(INFORMATION PROVIDED)

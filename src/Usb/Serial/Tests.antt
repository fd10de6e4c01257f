-- ===== src/Usb/Serial/Tests.antt =====
-- The theorems on the log ring of usb/usb_serial.c at concrete rings and ports.
use picow_bt_kb_hid.Base.{
  ℕ, ◌-◌, ◌≤◌, ◌≡◌, true, List, [], ◌∷◌, ◌++◌, some, if◌then◌else◌, leb, length, arith,
}
use picow_bt_kb_hid.Base.Text.{codes}
use picow_bt_kb_hid.Usb.Serial.{Log, empty_log, append_bytes, usb_serial_printf}
use picow_bt_kb_hid.Usb.Serial.Refine.{
  IsValid, IsPrinted, pending, printf_refines, empty_log-IsValid, append_bytes-IsAppended,
}
use picow_bt_kb_hid.Usb.Serial.Run.{Step, print, task, run, entered, run_delivers}

-- A port with room for a number of bytes.
abbrev room_write : List ℕ → ℕ → ℕ × ℕ
room_write bytes room =
    let n = if leb (length bytes) room then length bytes else room in (n, room - n)

abbrev room_available : ℕ → ℕ
room_available room = room

room_write-takes : (bytes : List ℕ) (room : ℕ) → (room_write bytes room).0 ≤ length bytes
room_write-takes bytes room = ground arith

-- The log after one line.
abbrev one_line : Log
one_line = append_bytes (codes "ok\r\n") empty_log

one_line-IsValid : IsValid one_line
unfolding empty_log
one_line-IsValid =
    (append_bytes-IsAppended (codes "ok\r\n") empty_log empty_log-IsValid (omega arith)).valid

printf_refines_example :
    IsPrinted true
      (some (codes "more\r\n"))
      one_line
      (usb_serial_printf true (some (codes "more\r\n")) one_line)
printf_refines_example = printf_refines true (some (codes "more\r\n")) one_line one_line-IsValid

abbrev session : List Step
session =
    print true (some (codes "ok\r\n"))
    ∷ task true
    ∷ print true (some (codes "more\r\n"))
    ∷ task true
    ∷ []

run_delivers_example :
    (run room_available room_write session empty_log 3).2
      ++ pending (run room_available room_write session empty_log 3).0
    ≡ entered room_available room_write room_write-takes session empty_log 3
run_delivers_example = run_delivers room_available room_write room_write-takes session 3
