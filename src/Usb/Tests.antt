-- ===== src/Usb/Tests.antt =====
-- The theorems on the report ring of usb/hid_keyboard.c at concrete rings.
use picow_bt_kb_hid.Base.{◌≡◌, true, false, List, [], ◌∷◌, ◌++◌}
use picow_bt_kb_hid.Usb.Keyboard.{
  ReportQueue, released, start, keyboard_send_report, keyboard_release_all,
}
use picow_bt_kb_hid.Usb.Keyboard.Refine.{
  IsValid, Round, pending, rounds, start-IsValid, send-IsValid, send_refines, rounds_deliver,
  release_reaches_host,
}

-- A ring with one report, of the key `a`.
abbrev one_report : ReportQueue
one_report = keyboard_send_report start 0 (4 ∷ 0 ∷ 0 ∷ 0 ∷ 0 ∷ 0 ∷ [])

one_report-IsValid : IsValid one_report
one_report-IsValid = send-IsValid 0 (4 ∷ 0 ∷ 0 ∷ 0 ∷ 0 ∷ 0 ∷ []) start-IsValid

-- USB is not ready, then refuses a report, then takes one.
abbrev some_rounds : List Round
some_rounds = (false, λ _. true) ∷ (true, λ _. false) ∷ (true, λ _. true) ∷ []

send_refines_example :
    pending (keyboard_send_report one_report 2 (5 ∷ 0 ∷ 0 ∷ 0 ∷ 0 ∷ 0 ∷ []))
    ≡ record { modifier = 0; keycodes = 4 ∷ 0 ∷ 0 ∷ 0 ∷ 0 ∷ 0 ∷ [] }
      ∷ record { modifier = 2; keycodes = 5 ∷ 0 ∷ 0 ∷ 0 ∷ 0 ∷ 0 ∷ [] }
      ∷ []
unfolding start keyboard_send_report
send_refines_example = send_refines 2 (5 ∷ 0 ∷ 0 ∷ 0 ∷ 0 ∷ 0 ∷ []) one_report-IsValid

rounds_deliver_example :
    (rounds one_report some_rounds).1 ++ pending (rounds one_report some_rounds).0
    ≡ pending one_report
rounds_deliver_example = rounds_deliver some_rounds one_report-IsValid

release_reaches_host_example :
    (rounds (keyboard_release_all one_report) (some_rounds ++ ((true, λ _. true) ∷ []))).1
    ≡ released ∷ []
release_reaches_host_example = release_reaches_host some_rounds one_report-IsValid
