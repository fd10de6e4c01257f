-- ===== src/Web.antt =====
-- The web page's side, web/.
pub mod Json
pub mod Request
pub mod Config
mod Tests
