-- ===== src/Web/Config.antt =====
-- web/web_config.c: the two HTTP clients of the access point.
pub mod Connection
pub mod Reply
pub mod Callbacks
pub mod Clients
pub mod HeaderEnd
pub mod Stored
pub mod Receive
pub mod Timeout
pub mod Replies
pub mod Respond
pub mod Server
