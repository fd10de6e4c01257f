-- ===== src/Web/Config/Connection.antt =====
-- web/web_config.c: a client, and how its connection is answered and closed. lwIP is a parameter:
-- the answers of its functions within one callback, and the calls that are made, in order. `pcb`
-- names a connection, 0 is NULL.
use picow_bt_kb_hid.Base.{
  ℕ, ◌+◌, ◌%◌, ◌^◌, Bool, false, not, List, [], ◌∷◌, ◌++◌, replicate, if◌then◌else◌, ◌==◌, leb,
  length,
}
use picow_bt_kb_hid.Base.Text.{codes}
use picow_bt_kb_hid.Base.Format.{decimal}

-- `WEB_MAX_CLIENTS`, `WEB_REQUEST_SIZE` and `WEB_RESPONSE_HEADER_SIZE`.
abbrev pub max_clients : ℕ
max_clients = 2

abbrev pub request_size : ℕ
request_size = 1536

abbrev pub response_header_size : ℕ
response_header_size = 256

-- `web_client_t`, without the array that `snprintf` writes the header of a response to.
pub record Client : Type 0 where
  pub used : Bool
  pub pcb : ℕ
  pub request_length : ℕ
  pub age_polls : ℕ
  pub request : List ℕ

-- `memset(client, 0, sizeof(*client))`.
abbrev pub zero_client : Client
zero_client = record {
  used = false;
  pcb = 0;
  request_length = 0;
  age_polls = 0;
  request = replicate request_size 0;
}

-- `ERR_OK`, `ERR_ABRT` and the errors that lwIP reports.
pub data Err : Type 0 where
  ok abrt : Err
  other : ℕ → Err

-- The calls of lwIP, with the connection. `detach` stands for the four calls that remove the
-- callbacks of a connection, and `attach` for those that set them, to the client of a slot.
pub data Call : Type 0 where
  detach close abort output : ℕ → Call
  write : ℕ → List ℕ → Call
  recved : ℕ → ℕ → Call
  attach : ℕ → ℕ → Call

-- Whether `tcp_write` of the header and of the body, and `tcp_close`, answer `ERR_OK`.
pub record Lwip : Type 0 where
  pub write_header : Bool
  pub write_body : Bool
  pub tcp_close : Bool

-- What a callback leaves of a client, the calls it makes and its result.
pub record Done : Type 0 where
  pub client : Client
  pub calls : List Call
  pub result : Err

-- `close_client`.
unfoldable pub close_client : Lwip → Client → Done
close_client lwip client =
    if client.pcb == 0
    then record { client = zero_client; calls = []; result = ok }
    else if lwip.tcp_close
    then record {
      client = zero_client;
      calls = detach client.pcb ∷ close client.pcb ∷ [];
      result = ok;
    }
    else record {
      client = zero_client;
      calls = detach client.pcb ∷ close client.pcb ∷ abort client.pcb ∷ [];
      result = abrt;
    }

-- Calls in front of those of the rest.
abbrev pub after : List Call → Done → Done
after calls d = record d { calls = calls ++ d.calls }

-- `poll_client`.
unfoldable pub poll_client : Lwip → Client → Done
poll_client lwip client =
    let older = record client { age_polls = (client.age_polls + 1) % 2 ^ 8 } in
    if leb 5 older.age_polls
    then close_client lwip older
    else record { client = older; calls = []; result = ok }

-- `client_error`.
unfoldable pub client_error : Client → Client
client_error client = zero_client

-- `reason`.
abbrev pub reason : ℕ → List ℕ
reason status =
    if status == 200
    then codes "OK"
    else if status == 202
    then codes "Accepted"
    else if status == 400
    then codes "Bad Request"
    else if status == 404
    then codes "Not Found"
    else if status == 405
    then codes "Method Not Allowed"
    else if status == 503
    then codes "Service Unavailable"
    else codes "Error"

-- The header of a response.
unfoldable pub response_header : ℕ → List ℕ → ℕ → List ℕ
response_header status content_type body_length =
    codes "HTTP/1.1 "
    ++ decimal status
    ++ codes " "
    ++ reason status
    ++ codes "\r\nContent-Type: "
    ++ content_type
    ++ codes "\r\nContent-Length: "
    ++ decimal (body_length % 2 ^ 32)
    ++ codes "\r\nCache-Control: no-store\r\nConnection: close\r\n\r\n"

-- A response: `status`, `content_type` and `body`.
pub record Response : Type 0 where
  pub status : ℕ
  pub content_type : List ℕ
  pub body : List ℕ

-- `send_response`.
unfoldable pub send_response : Lwip → Client → Response → Done
send_response lwip client r =
    let header = response_header r.status r.content_type (length r.body) in
    let closed = close_client lwip client in
    if leb response_header_size (length header)
    then closed
    else if not lwip.write_header
    then after (write client.pcb header ∷ []) closed
    else if not lwip.write_body
    then after (write client.pcb header ∷ write client.pcb r.body ∷ []) closed
    else after (write client.pcb header ∷ write client.pcb r.body ∷ output client.pcb ∷ []) closed

-- `respond_json`, up to the call of `send_response`.
abbrev pub json : ℕ → List ℕ → Response
json status text = record {
  status = status;
  content_type = codes "application/json; charset=utf-8";
  body = text;
}
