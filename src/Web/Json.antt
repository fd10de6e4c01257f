-- ===== src/Web/Json.antt =====
-- web/control_json.c: the snapshot as JSON, in a buffer of fixed size. `vsnprintf` writes what fits
-- of a text and a zero byte behind it; a text is what its format makes of its arguments. With these
-- formats it does not fail, and the pointers that the source tests for NULL are arguments.
pub mod Printer
pub mod Render
pub mod Bounds
pub mod Strings
pub mod ReadBack
pub mod Status
use picow_bt_kb_hid.Base.{
  ℕ, zero, suc, ◌+◌, ◌-◌, Bool, true, false, not, ◌||◌, List, [], ◌∷◌, ◌++◌, Option, none, some,
  if◌then◌else◌, ◌==◌, ltb, leb, length, get_or, set, take, drop,
}
use picow_bt_kb_hid.Base.Text.{codes}
use picow_bt_kb_hid.Base.Format.{upper_byte, lower_word, decimal_int8}
use picow_bt_kb_hid.Bt.Control.{BdAddr}
use picow_bt_kb_hid.Bt.Snapshot.{Snapshot, ControlDevice, max_control_devices}

-- `json_writer_t`, with the bytes of its buffer.
pub record Writer : Type 0 where
  pub buffer : List ℕ
  pub capacity : ℕ
  pub length : ℕ
  pub valid : Bool

-- `vsnprintf(buffer + at, room, ...)`.
abbrev pub vsnprintf : List ℕ → ℕ → ℕ → List ℕ → List ℕ
vsnprintf buffer at room text =
    let written = take (room - 1) text in
    if room == 0
    then buffer
    else take at buffer ++ (written ++ (0 ∷ drop (at + length written + 1) buffer))

-- `append_format`, on the formatted text.
unfoldable pub append_format : List ℕ → Writer → Writer
append_format text w =
    let room = w.capacity - w.length in
    let buffer = vsnprintf w.buffer w.length room text in
    if not w.valid
    then w
    else if leb room (length text)
    then record w { buffer = buffer; valid = false }
    else record w { buffer = buffer; length = w.length + length text }

-- The text of one character in a string.
abbrev pub escape : ℕ → List ℕ
escape ch =
    if ch == b'"' || ch == b'\\'
    then b'\\' ∷ ch ∷ []
    else if ltb ch 0x20
    then b'\\' ∷ b'u' ∷ lower_word ch
    else ch ∷ []

-- The loop over the characters of a string.
unfoldable pub append_characters : List ℕ → Writer → Writer
append_characters [] w = w
append_characters (ch ∷ value) w =
    let next = append_characters value (append_format (escape ch) w) in
    if not w.valid || ch == 0 then w else next

-- `append_json_string`.
unfoldable pub append_json_string : List ℕ → Writer → Writer
append_json_string value w =
    append_format (b'"' ∷ []) (append_characters value (append_format (b'"' ∷ []) w))

-- The text of `append_address`.
abbrev pub address_text : BdAddr → List ℕ
address_text address =
    b'"' ∷ upper_byte (get_or address 0 0)
    ++ (b':' ∷ upper_byte (get_or address 1 0))
    ++ (b':' ∷ upper_byte (get_or address 2 0))
    ++ (b':' ∷ upper_byte (get_or address 3 0))
    ++ (b':' ∷ upper_byte (get_or address 4 0))
    ++ (b':' ∷ upper_byte (get_or address 5 0))
    ++ (b'"' ∷ [])

-- `append_address`.
unfoldable pub append_address : BdAddr → Writer → Writer
append_address address w = append_format (address_text address) w

-- `%s` of a flag.
abbrev pub flag : Bool → List ℕ
flag b = if b then codes "true" else codes "false"

-- The text of the flags of a device.
unfoldable pub device_flags : ControlDevice → List ℕ
device_flags d =
    codes ",\"rssi\":"
    ++ decimal_int8 d.rssi
    ++ codes ",\"hasRssi\":"
    ++ flag d.has_rssi
    ++ codes ",\"keyboard\":"
    ++ flag d.keyboard
    ++ codes ",\"bonded\":"
    ++ flag d.bonded
    ++ codes ",\"connected\":"
    ++ flag d.connected
    ++ codes ",\"reportDescriptorPresent\":"
    ++ flag d.report_descriptor_present
    ++ codes ",\"reportDescriptorTooLarge\":"
    ++ flag d.report_descriptor_too_large
    ++ codes ",\"reportDescriptorValid\":"
    ++ flag d.report_descriptor_valid
    ++ codes ",\"reportKeyboard\":"
    ++ flag d.report_has_keyboard
    ++ codes ",\"reportConsumerControl\":"
    ++ flag d.report_has_consumer_control
    ++ codes ",\"reportNkro\":"
    ++ flag d.report_has_nkro_keyboard
    ++ codes ",\"reportIds\":"
    ++ flag d.report_uses_ids
    ++ codes "}"

-- One call after another.
infixl 2 ◌>>>◌
abbrev pub ◌>>>◌ : (Writer → Writer) → (Writer → Writer) → Writer → Writer
(f >>> g) w = g (f w)

-- The body of the loop over the devices; a comma stands before each but the first.
unfoldable pub append_device : Bool → ControlDevice → Writer → Writer
append_device first d =
    append_format ((if first then [] else codes ",") ++ codes "{\"address\":")
    >>> append_address d.address
    >>> append_format (codes ",\"name\":")
    >>> append_json_string d.name
    >>> append_format (device_flags d)

unfoldable pub append_devices : Bool → List ControlDevice → Writer → Writer
append_devices first [] = λ w. w
append_devices first (d ∷ devices) = append_device first d >>> append_devices false devices

-- `size_t device_count`, at most 16.
abbrev pub shown_count : Snapshot → ℕ
shown_count s =
    if ltb max_control_devices s.device_count then max_control_devices else s.device_count

-- The calls of `control_json_write_snapshot`.
unfoldable pub append_snapshot : Snapshot → Writer → Writer
append_snapshot s =
    append_format (codes "{\"version\":")
    >>> append_json_string s.version
    >>> append_format (codes ",\"state\":")
    >>> append_json_string s.state
    >>> append_format (codes ",\"autoConnect\":" ++ flag s.auto_connect ++ codes ",\"pairingPin\":")
    >>> (if s.has_pairing_pin
        then append_json_string s.pairing_pin
        else append_format (codes "null"))
    >>> append_format (codes ",\"selectedDevice\":")
    >>> (if s.has_selected_device
        then append_address s.selected_device
        else append_format (codes "null"))
    >>> append_format (codes ",\"devices\":[")
    >>> append_devices true (take (shown_count s) s.devices)
    >>> append_format (codes "]}")

-- `control_json_write_snapshot`: the buffer, and `*written` where the result is `true`.
unfoldable pub control_json_write_snapshot : Snapshot → List ℕ → ℕ → List ℕ × Option ℕ
control_json_write_snapshot s buffer capacity =
    let w =
      append_snapshot s
        (record { buffer = set buffer 0 0; capacity = capacity; length = 0; valid = true }) in
    if capacity == 0
    then (buffer, none)
    else if w.valid
    then (w.buffer, some w.length)
    else (set w.buffer (capacity - 1) 0, none)

-- `CONTROL_JSON_MAX_SNAPSHOT_SIZE`.
abbrev pub max_snapshot_size : ℕ
max_snapshot_size = 14336
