-- ===== src/Process/Sram.antt =====
-- A whole run of `KTool.process` that loads a program to SRAM on a board that answers.
use user_basic.Base.{ℕ, true, false, some, List, [], ◌∷◌, ◌++◌, map, ◌≡◌, refl, arith, length, Line}
use user_basic.Ktool.Slip.{Bytes, frame, Event, recv, got}
use user_basic.Ktool.Response.{parsed, flash_parse, error_code}
use user_basic.Ktool.Port.{Loader, ok, err, exit}
use user_basic.Ktool.Greeting.{words_request}
use user_basic.Ktool.Transfer.{chunks, chunk_size_of}
use user_basic.Ktool.Transfer.Padding.{IsPadded}
use user_basic.Ktool.Transfer.Plan.{IsWritePlan, Confirmed}
use user_basic.Ktool.Transfer.Firmware.{written_by, written-chunks}
use user_basic.Ktool.Transfer.Sram.{flash_firmware-sram}
use user_basic.Ktool.Runs.{Runs}
use user_basic.Process.Args.{Board, Args, settle}
use user_basic.Process.World.{World, fmt_binary, format_of}
use user_basic.Process.Once.{first_try}
use user_basic.Process.Flow.{
  open_firmware, opened_file, formatted, process, when, of_file, run_sram, run_job,
}
use user_basic.Process.Refused.{opened}
use user_basic.Process.Front.{
  Starts, Loading, PacksLoader, AnswersLoader, loading_frames, loaded, revived, process-Starts,
}

-- The arguments ask for no more than a start of this binary.
pub record LoadsSram (w : World) (a : Args) (content : Bytes) : Type 0 where
  pub to_sram : a.sram ≡ true
  pub no_erase : a.erase ≡ false
  pub no_read : a.read ≡ false
  pub no_terminal : a.terminal ≡ false
  pub file : w.content_of a.firmware ≡ some content
  pub format : format_of w a content ≡ some fmt_binary

-- The requests for the chunks of the binary, and to start it.
pub record PacksSram (content : Bytes) (ps : List Bytes) (start : Bytes) : Type 0 where
  pub writes :
      IsWritePlan true
        (chunk_size_of (length content))
        0
        0
        (chunks content (chunk_size_of (length content)))
        ps
  pub starts : words_request 0xd9 (0x80000000 ∷ 0 ∷ []) ≡ some start

-- The second loader answers them.
pub record AnswersSram (content : Bytes) (es rest : List Event) : Type 0 where
  pub mid : List Event
  pub op : ℕ
  pub reason : ℕ
  pub code : ℕ
  pub bytes : Bytes
  pub text : Bytes
  pub confirms : Confirmed true (length (chunks content (chunk_size_of (length content)))) es mid
  pub replies : recv mid ≡ got bytes rest
  pub parses : flash_parse bytes ≡ parsed op reason text
  pub known : error_code reason ≡ some code

open_firmware_sram :
    (w : World) (a : Args) (content : Bytes) (l : Loader)
    → LoadsSram w a content
    → Runs (open_firmware w a) l (l, ok (some content, fmt_binary))
unfolding open_firmware opened_file formatted
open_firmware_sram w a content l f = record {
  by = ground (arith, f.no_erase, f.no_read, f.file, f.format);
}

run_job_sram :
    (w : World) (a : Args) (b : Board) (l : Loader) (content start : Bytes) (ps : List Bytes)
    (rest : List Event)
    → l.is_open ≡ true
    → l.kill_process ≡ false
    → LoadsSram w a content
    → PacksSram content ps start
    → AnswersSram content l.events rest
    → run_job w a b (some content) fmt_binary l ≡ (
      record l { events = rest; sent = l.sent ++ (map frame ps ++ frame start ∷ []) },
      err (exit 0),
    )
unfolding run_job run_sram when of_file
run_job_sram w a b l content start ps rest o k f p s = ground (
  arith,
  f.to_sram,
  f.no_terminal,
  flash_firmware-sram w.sha256 w.encrypt content ps l s.mid start s.bytes s.text s.op s.reason
      s.code rest o k p.writes s.confirms p.starts s.replies s.parses s.known,
)

-- A run with `--sram` of a binary, by the default loader and at any rate, on a board that answers,
-- while nobody kills the tool: behind the frames that bring up the second loader it sends one write
-- to SRAM for each chunk and the request to start, and nothing to the flash, and ends with status 0.
-- A receiver that reads the writes by their layout then has, from address 0 on and without a gap,
-- the binary without a header, with less than a chunk of zeros behind.
pub process-Boots :
    (w : World) (a : Args) (port : Line) (content : Bytes) (q : Loading) (ps : List Bytes)
    (start : Bytes) (l : Loader) (e1 rest : List Event)
    → Starts w (settle a) port
    → LoadsSram w (settle a) content
    → PacksLoader w (settle a) q
    → PacksSram content ps start
    → AnswersLoader w q l.events e1
    → AnswersSram content e1 rest
    → (process w a l ≡ (
      record (loaded (settle a) q rest l) {
        sent = l.sent ++ loading_frames q ++ (map frame ps ++ frame start ∷ []);
      },
      err (exit 0),
    ))
      × ((padded : Bytes) × (written_by 0xd8 0 ps ≡ some padded)
          × IsPadded (chunk_size_of (length content)) content padded)
process-Boots w a port content q ps start l e1 rest f g p pp s ss = (
  process-Starts w a port q l e1 (some content) fmt_binary _ f p s
      (open_firmware_sram w (settle a) content (opened (revived l)) g)
      (record {
        by =
            run_job_sram w (settle a) (first_try (settle a).board).1 (loaded (settle a) q e1 l)
              content start ps rest refl refl g pp ss;
      }),
  written-chunks true 0 content ps pp.writes,
)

(End INFORMATION PROVIDED)

(AIM OF THE EXERCISE) Only the lines above from the line containing "pub mod HeaderEnd" through the line containing "-- ===== src/Web/Config/Connection.antt" should be retyped, exactly and with both ends included.

(EXERCISE OUTPUT)
pub mod HeaderEnd
pub mod Stored
pub mod Receive
pub mod Timeout
pub mod Replies
pub mod Respond
pub mod Server
repository fd10de6e4c01257f
-- ===== src/Web/Config/Connection.antt =====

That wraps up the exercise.